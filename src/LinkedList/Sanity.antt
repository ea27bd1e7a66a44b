-- ===== src/LinkedList/Sanity.antt =====
-- IsInList and SanityCheck of lib/list.cc, and all operations of List on one list.
use nachos_assignment.LinkedList.{
  Element, Heap, LinkedList, element_at, append, prepend, remove, count_to, sanity_check,
  same_pointer, walk,
}
use nachos_assignment.LinkedList.Chain.{IsChain, addresses, items, last_of, Represents}
use nachos_assignment.LinkedList.Ends.{append_refuses, append_extends, with_last, looked}
use nachos_assignment.LinkedList.Front.{prepend_puts, last_in}
use nachos_assignment.LinkedList.Middle.{without}
use nachos_assignment.LinkedList.Removal.{remove_refuses, remove_takes}
use nachos_assignment.Base.{
  ℕ, zero, suc, ◌+◌, ◌≤◌, ◌<◌, ◌≡◌, refl, sym, ap, ◌∙◌, inl, inr, true, false, Option, none, some,
  List, [], ◌∷◌, arith, leb, ◌==◌, Bool-cases, length, among, IsDistinct, aborted, ok, err,
}

same_pointer_self : (a : ℕ) → same_pointer (some a) (some a) ≡ true
same_pointer_self a = ground arith

-- An element that stands before others is not the last.
not_last :
    (c c' : ℕ × ℕ) (cs : List (ℕ × ℕ))
    → among c.0 (addresses (c' ∷ cs)) ≡ false
    → same_pointer (some c.0) (last_of (c' ∷ cs)) ≡ false
not_last c c' cs apart =
    let (z, at_end, inside) = last_in c' cs in
    rw at_end (elim (Bool-cases (c.0 == z)) [
      | inl same ↦
          let eq : c.0 ≡ z = ground (arith, same) in
          absurd (ground (arith, sym (ap (λ t. among t (addresses (c' ∷ cs))) eq) ∙ apart, inside))
      | inr differ ↦ differ
    ])

count_to_lem :
    (rounds : ℕ) (heap : Heap) (l : LinkedList) (p : Option ℕ) (c : ℕ × ℕ) (cs : List (ℕ × ℕ))
    (found : ℕ)
    → IsChain heap p (c ∷ cs)
    → IsDistinct (addresses (c ∷ cs))
    → l.last ≡ last_of (c ∷ cs)
    → length cs < rounds
    → found + length cs ≤ l.num_in_list
    → count_to rounds heap l p found ≡ ok (found + length cs)
unfolding count_to
count_to_lem zero heap l p c cs found chain d at_end few fits = absurd (omega arith)
count_to_lem (suc rounds) heap l p c [] found (start, more) d at_end few fits =
    let none_more : found ≡ found + 0 = omega arith in
    simp (start, at_end, same_pointer_self c.0) (ap (λ t. ok t) none_more)
count_to_lem (suc rounds) heap l p c (c' ∷ cs) found (start, (q, here, rest)) d at_end few fits =
    let other = not_last c c' cs d.0 in
    let room : leb (suc found) l.num_in_list ≡ true = ground (arith, fits) in
    let again =
      count_to_lem rounds heap l q c' cs (suc found) rest d.1 at_end (omega arith)
        (omega (arith, fits)) in
    let same : suc found + length cs ≡ found + suc (length cs) = omega arith in
    simp (start, at_end, other, here, room, again) (ap (λ t. ok t) same)

last_cell :
    (heap : Heap) (p : Option ℕ) (c : ℕ × ℕ) (cs : List (ℕ × ℕ))
    → IsChain heap p (c ∷ cs)
    → (e : Element) × (element_at heap (last_of (c ∷ cs)) ≡ ok e) × (e.next ≡ none)
last_cell heap p c [] (start, (q, here, rest)) =
    (record { item = c.1; next = q }, rw here refl, rest)
last_cell heap p c (c' ∷ cs) (start, (q, here, rest)) = last_cell heap q c' cs rest

-- SanityCheck finds nothing wrong with a list whose elements stand for a sequence: its walk reaches
-- last and counts numInList elements.
pub sanity_check_passes :
    (heap : Heap) (l : LinkedList) (cs : List (ℕ × ℕ))
    → Represents heap l cs
    → sanity_check heap l ≡ ok tt
unfolding sanity_check
sanity_check_passes heap l [] r =
    let zero_there : (l.num_in_list == 0) ≡ true = ground (arith, r.counted) in
    simp (r.chain, r.ends, zero_there) refl
sanity_check_passes heap l (c ∷ []) r =
    let (start, (q, here, rest)) = r.chain in
    let one_there : (l.num_in_list == 1) ≡ true = ground (arith, r.counted) in
    simp (start, r.ends, same_pointer_self c.0, here, rest, one_there) refl
sanity_check_passes heap l (c ∷ c' ∷ cs) r =
    let (start, (q, here, rest)) = r.chain in
    let other = not_last c c' cs r.distinct.0 in
    let counting : count_to (walk heap) heap l (some c.0) 1 ≡ ok (1 + suc (length cs)) =
      count_to_lem (walk heap) heap l (some c.0) c (c' ∷ cs) 1 (refl, (q, here, rest)) r.distinct
        r.ends (omega (arith, r.room)) (omega (arith, r.counted)) in
    let all : (1 + suc (length cs) == l.num_in_list) ≡ true = ground (arith, r.counted) in
    let (e, cell, final) = last_cell heap q c' cs rest in
    simp (start, r.ends, other, counting, all, cell, final) refl

-- Append, Prepend and Remove as the list has the item or not.
pub data Updates (heap : Heap) (l : LinkedList) (cs : List (ℕ × ℕ)) (item : ℕ) : Type 0 where
  present :
      among item (items cs) ≡ true
      → append heap l item ≡ err aborted
      → prepend heap l item ≡ err aborted
      → (h2 : Heap) × (l2 : LinkedList) × (remove heap l item ≡ ok (h2, l2))
        × Represents h2 l2 (without item cs)
      → Updates heap l cs item
  absent :
      among item (items cs) ≡ false
      → (h2 : Heap) × (l2 : LinkedList) × (append heap l item ≡ ok (h2, l2))
        × Represents h2 l2 (with_last cs (length heap) item)
      → (h2 : Heap) × (l2 : LinkedList) × (prepend heap l item ≡ ok (h2, l2))
        × Represents h2 l2 ((length heap, item) ∷ cs)
      → remove heap l item ≡ err aborted
      → Updates heap l cs item

prepend_refuses :
    (heap : Heap) (l : LinkedList) (cs : List (ℕ × ℕ)) (item : ℕ)
    → Represents heap l cs
    → among item (items cs) ≡ true
    → prepend heap l item ≡ err aborted
unfolding prepend
prepend_refuses heap l cs item r there = rw (looked heap l cs item r, there) refl

-- On a list whose elements stand for a sequence of distinct items: Append puts a new item at the
-- end of the sequence and Prepend at the front, Remove takes an item out of it, each with the
-- others in their order and with first, last and numInList right; Append and Prepend of an item
-- that is there and Remove of one that is not fail an assertion.
pub list-Updates :
    (heap : Heap) (l : LinkedList) (cs : List (ℕ × ℕ)) (item : ℕ)
    → Represents heap l cs
    → IsDistinct (items cs)
    → Updates heap l cs item
list-Updates heap l cs item r d = elim (Bool-cases (among item (items cs))) [
  | inl there ↦
      present there (append_refuses heap l cs item r there) (prepend_refuses heap l cs item r there)
        (remove_takes heap l cs item r d there)
  | inr fresh ↦
      absent fresh (append_extends heap l cs item r fresh) (prepend_puts heap l cs item r fresh)
        (remove_refuses heap l cs item r fresh)
]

* * *

--- Exercise aim ---
Transcribe all the material exactly.

--- Exercise response ---
filename src/LinkedList/Sanity.antt
repository ea27bd1e7a66a44b
-- ===== src/LinkedList/Sanity.antt =====
-- IsInList and SanityCheck of lib/list.cc, and all operations of List on one list.
use nachos_assignment.LinkedList.{
  Element, Heap, LinkedList, element_at, append, prepend, remove, count_to, sanity_check,
  same_pointer, walk,
}
use nachos_assignment.LinkedList.Chain.{IsChain, addresses, items, last_of, Represents}
use nachos_assignment.LinkedList.Ends.{append_refuses, append_extends, with_last, looked}
use nachos_assignment.LinkedList.Front.{prepend_puts, last_in}
use nachos_assignment.LinkedList.Middle.{without}
use nachos_assignment.LinkedList.Removal.{remove_refuses, remove_takes}
use nachos_assignment.Base.{
  ℕ, zero, suc, ◌+◌, ◌≤◌, ◌<◌, ◌≡◌, refl, sym, ap, ◌∙◌, inl, inr, true, false, Option, none, some,
  List, [], ◌∷◌, arith, leb, ◌==◌, Bool-cases, length, among, IsDistinct, aborted, ok, err,
}

same_pointer_self : (a : ℕ) → same_pointer (some a) (some a) ≡ true
same_pointer_self a = ground arith

-- An element that stands before others is not the last.
not_last :
    (c c' : ℕ × ℕ) (cs : List (ℕ × ℕ))
    → among c.0 (addresses (c' ∷ cs)) ≡ false
    → same_pointer (some c.0) (last_of (c' ∷ cs)) ≡ false
not_last c c' cs apart =
    let (z, at_end, inside) = last_in c' cs in
    rw at_end (elim (Bool-cases (c.0 == z)) [
      | inl same ↦
          let eq : c.0 ≡ z = ground (arith, same) in
          absurd (ground (arith, sym (ap (λ t. among t (addresses (c' ∷ cs))) eq) ∙ apart, inside))
      | inr differ ↦ differ
    ])

count_to_lem :
    (rounds : ℕ) (heap : Heap) (l : LinkedList) (p : Option ℕ) (c : ℕ × ℕ) (cs : List (ℕ × ℕ))
    (found : ℕ)
    → IsChain heap p (c ∷ cs)
    → IsDistinct (addresses (c ∷ cs))
    → l.last ≡ last_of (c ∷ cs)
    → length cs < rounds
    → found + length cs ≤ l.num_in_list
    → count_to rounds heap l p found ≡ ok (found + length cs)
unfolding count_to
count_to_lem zero heap l p c cs found chain d at_end few fits = absurd (omega arith)
count_to_lem (suc rounds) heap l p c [] found (start, more) d at_end few fits =
    let none_more : found ≡ found + 0 = omega arith in
    simp (start, at_end, same_pointer_self c.0) (ap (λ t. ok t) none_more)
count_to_lem (suc rounds) heap l p c (c' ∷ cs) found (start, (q, here, rest)) d at_end few fits =
    let other = not_last c c' cs d.0 in
    let room : leb (suc found) l.num_in_list ≡ true = ground (arith, fits) in
    let again =
      count_to_lem rounds heap l q c' cs (suc found) rest d.1 at_end (omega arith)
        (omega (arith, fits)) in
    let same : suc found + length cs ≡ found + suc (length cs) = omega arith in
    simp (start, at_end, other, here, room, again) (ap (λ t. ok t) same)

last_cell :
    (heap : Heap) (p : Option ℕ) (c : ℕ × ℕ) (cs : List (ℕ × ℕ))
    → IsChain heap p (c ∷ cs)
    → (e : Element) × (element_at heap (last_of (c ∷ cs)) ≡ ok e) × (e.next ≡ none)
last_cell heap p c [] (start, (q, here, rest)) =
    (record { item = c.1; next = q }, rw here refl, rest)
last_cell heap p c (c' ∷ cs) (start, (q, here, rest)) = last_cell heap q c' cs rest

-- SanityCheck finds nothing wrong with a list whose elements stand for a sequence: its walk reaches
-- last and counts numInList elements.
pub sanity_check_passes :
    (heap : Heap) (l : LinkedList) (cs : List (ℕ × ℕ))
    → Represents heap l cs
    → sanity_check heap l ≡ ok tt
unfolding sanity_check
sanity_check_passes heap l [] r =
    let zero_there : (l.num_in_list == 0) ≡ true = ground (arith, r.counted) in
    simp (r.chain, r.ends, zero_there) refl
sanity_check_passes heap l (c ∷ []) r =
    let (start, (q, here, rest)) = r.chain in
    let one_there : (l.num_in_list == 1) ≡ true = ground (arith, r.counted) in
    simp (start, r.ends, same_pointer_self c.0, here, rest, one_there) refl
sanity_check_passes heap l (c ∷ c' ∷ cs) r =
    let (start, (q, here, rest)) = r.chain in
    let other = not_last c c' cs r.distinct.0 in
    let counting : count_to (walk heap) heap l (some c.0) 1 ≡ ok (1 + suc (length cs)) =
      count_to_lem (walk heap) heap l (some c.0) c (c' ∷ cs) 1 (refl, (q, here, rest)) r.distinct
        r.ends (omega (arith, r.room)) (omega (arith, r.counted)) in
    let all : (1 + suc (length cs) == l.num_in_list) ≡ true = ground (arith, r.counted) in
    let (e, cell, final) = last_cell heap q c' cs rest in
    simp (start, r.ends, other, counting, all, cell, final) refl

-- Append, Prepend and Remove as the list has the item or not.
pub data Updates (heap : Heap) (l : LinkedList) (cs : List (ℕ × ℕ)) (item : ℕ) : Type 0 where
  present :
      among item (items cs) ≡ true
      → append heap l item ≡ err aborted
      → prepend heap l item ≡ err aborted
      → (h2 : Heap) × (l2 : LinkedList) × (remove heap l item ≡ ok (h2, l2))
        × Represents h2 l2 (without item cs)
      → Updates heap l cs item
  absent :
      among item (items cs) ≡ false
      → (h2 : Heap) × (l2 : LinkedList) × (append heap l item ≡ ok (h2, l2))
        × Represents h2 l2 (with_last cs (length heap) item)
      → (h2 : Heap) × (l2 : LinkedList) × (prepend heap l item ≡ ok (h2, l2))
        × Represents h2 l2 ((length heap, item) ∷ cs)
      → remove heap l item ≡ err aborted
      → Updates heap l cs item

prepend_refuses :
    (heap : Heap) (l : LinkedList) (cs : List (ℕ × ℕ)) (item : ℕ)
    → Represents heap l cs
    → among item (items cs) ≡ true
    → prepend heap l item ≡ err aborted
unfolding prepend
prepend_refuses heap l cs item r there = rw (looked heap l cs item r, there) refl

-- On a list whose elements stand for a sequence of distinct items: Append puts a new item at the
-- end of the sequence and Prepend at the front, Remove takes an item out of it, each with the
-- others in their order and with first, last and numInList right; Append and Prepend of an item
-- that is there and Remove of one that is not fail an assertion.
pub list-Updates :
    (heap : Heap) (l : LinkedList) (cs : List (ℕ × ℕ)) (item : ℕ)
    → Represents heap l cs
    → IsDistinct (items cs)
    → Updates heap l cs item
list-Updates heap l cs item r d = elim (Bool-cases (among item (items cs))) [
  | inl there ↦
      present there (append_refuses heap l cs item r there) (prepend_refuses heap l cs item r there)
        (remove_takes heap l cs item r d there)
  | inr fresh ↦
      absent fresh (append_extends heap l cs item r fresh) (prepend_puts heap l cs item r fresh)
        (remove_refuses heap l cs item r fresh)
]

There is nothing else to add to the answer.